_WHAT YOU SHOULD DO_
Read through the material below and copy each line in which the word "IsSync" occurs.

Content starts

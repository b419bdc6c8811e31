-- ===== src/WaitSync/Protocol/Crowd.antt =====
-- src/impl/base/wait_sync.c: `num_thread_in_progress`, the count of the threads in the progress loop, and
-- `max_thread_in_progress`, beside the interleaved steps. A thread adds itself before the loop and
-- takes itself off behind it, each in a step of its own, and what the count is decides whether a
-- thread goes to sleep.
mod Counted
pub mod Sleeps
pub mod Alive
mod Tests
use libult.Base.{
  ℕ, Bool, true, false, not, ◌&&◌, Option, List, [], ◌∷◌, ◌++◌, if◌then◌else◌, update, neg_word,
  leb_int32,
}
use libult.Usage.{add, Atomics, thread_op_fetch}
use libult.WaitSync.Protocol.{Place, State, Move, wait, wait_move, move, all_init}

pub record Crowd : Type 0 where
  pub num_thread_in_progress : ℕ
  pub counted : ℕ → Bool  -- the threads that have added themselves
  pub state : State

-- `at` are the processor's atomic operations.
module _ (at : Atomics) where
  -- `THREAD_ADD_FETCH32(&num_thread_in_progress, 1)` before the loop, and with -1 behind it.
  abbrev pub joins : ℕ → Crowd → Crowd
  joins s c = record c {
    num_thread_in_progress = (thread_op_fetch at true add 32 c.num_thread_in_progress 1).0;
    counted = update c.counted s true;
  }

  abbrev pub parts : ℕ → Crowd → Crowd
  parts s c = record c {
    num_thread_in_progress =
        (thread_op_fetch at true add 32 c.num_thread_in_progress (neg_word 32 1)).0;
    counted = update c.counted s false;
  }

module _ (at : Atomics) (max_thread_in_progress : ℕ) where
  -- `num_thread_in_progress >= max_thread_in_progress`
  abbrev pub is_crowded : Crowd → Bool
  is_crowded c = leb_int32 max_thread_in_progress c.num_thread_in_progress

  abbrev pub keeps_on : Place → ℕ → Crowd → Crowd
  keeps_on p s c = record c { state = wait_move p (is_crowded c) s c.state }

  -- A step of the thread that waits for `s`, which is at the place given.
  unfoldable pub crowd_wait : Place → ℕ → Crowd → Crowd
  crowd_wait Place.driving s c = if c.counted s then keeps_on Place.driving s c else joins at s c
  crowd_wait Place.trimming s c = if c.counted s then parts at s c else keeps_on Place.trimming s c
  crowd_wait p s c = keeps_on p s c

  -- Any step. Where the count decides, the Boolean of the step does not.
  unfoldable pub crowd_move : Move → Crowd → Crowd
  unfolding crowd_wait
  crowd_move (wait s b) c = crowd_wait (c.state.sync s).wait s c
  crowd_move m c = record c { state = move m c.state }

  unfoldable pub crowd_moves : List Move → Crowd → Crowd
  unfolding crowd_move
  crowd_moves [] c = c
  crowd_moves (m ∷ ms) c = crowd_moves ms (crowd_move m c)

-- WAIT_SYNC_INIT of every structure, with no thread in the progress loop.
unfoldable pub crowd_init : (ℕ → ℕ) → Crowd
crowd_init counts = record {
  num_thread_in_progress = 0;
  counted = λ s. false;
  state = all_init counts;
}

Content ends
Content starts

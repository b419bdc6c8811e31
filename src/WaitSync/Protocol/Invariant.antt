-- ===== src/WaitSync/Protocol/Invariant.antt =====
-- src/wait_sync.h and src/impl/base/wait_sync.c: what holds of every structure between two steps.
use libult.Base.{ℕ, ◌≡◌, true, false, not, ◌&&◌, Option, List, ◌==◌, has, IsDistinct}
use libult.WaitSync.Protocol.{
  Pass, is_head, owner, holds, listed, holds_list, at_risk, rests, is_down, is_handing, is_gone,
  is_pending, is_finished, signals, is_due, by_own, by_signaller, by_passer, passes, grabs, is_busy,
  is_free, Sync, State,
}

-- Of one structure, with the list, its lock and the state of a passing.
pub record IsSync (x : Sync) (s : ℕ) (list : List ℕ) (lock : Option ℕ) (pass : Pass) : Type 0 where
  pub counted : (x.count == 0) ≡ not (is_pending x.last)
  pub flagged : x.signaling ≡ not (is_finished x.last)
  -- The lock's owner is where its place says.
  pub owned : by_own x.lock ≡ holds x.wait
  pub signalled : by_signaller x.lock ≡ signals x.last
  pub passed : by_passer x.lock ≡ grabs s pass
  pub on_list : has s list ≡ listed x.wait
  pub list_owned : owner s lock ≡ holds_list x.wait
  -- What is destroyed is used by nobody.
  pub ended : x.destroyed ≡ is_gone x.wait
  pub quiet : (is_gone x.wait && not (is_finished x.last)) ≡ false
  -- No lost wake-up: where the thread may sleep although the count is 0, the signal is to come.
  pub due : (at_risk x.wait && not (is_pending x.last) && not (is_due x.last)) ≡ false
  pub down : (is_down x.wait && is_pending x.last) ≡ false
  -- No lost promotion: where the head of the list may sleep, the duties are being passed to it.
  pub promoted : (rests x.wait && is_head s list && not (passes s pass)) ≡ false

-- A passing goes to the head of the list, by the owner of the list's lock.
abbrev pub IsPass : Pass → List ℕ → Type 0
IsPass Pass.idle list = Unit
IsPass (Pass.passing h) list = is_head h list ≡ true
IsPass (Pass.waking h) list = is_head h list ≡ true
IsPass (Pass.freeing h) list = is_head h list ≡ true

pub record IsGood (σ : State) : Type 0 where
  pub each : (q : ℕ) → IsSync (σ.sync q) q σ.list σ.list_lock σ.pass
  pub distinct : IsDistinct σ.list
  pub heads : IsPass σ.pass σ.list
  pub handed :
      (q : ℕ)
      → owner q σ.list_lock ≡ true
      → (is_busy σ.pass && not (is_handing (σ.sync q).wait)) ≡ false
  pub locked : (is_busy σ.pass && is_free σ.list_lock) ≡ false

Content ends

_WRITTEN RESPONSE_
pub record IsSync (x : Sync) (s : ℕ) (list : List ℕ) (lock : Option ℕ) (pass : Pass) : Type 0 where
  pub each : (q : ℕ) → IsSync (σ.sync q) q σ.list σ.list_lock σ.pass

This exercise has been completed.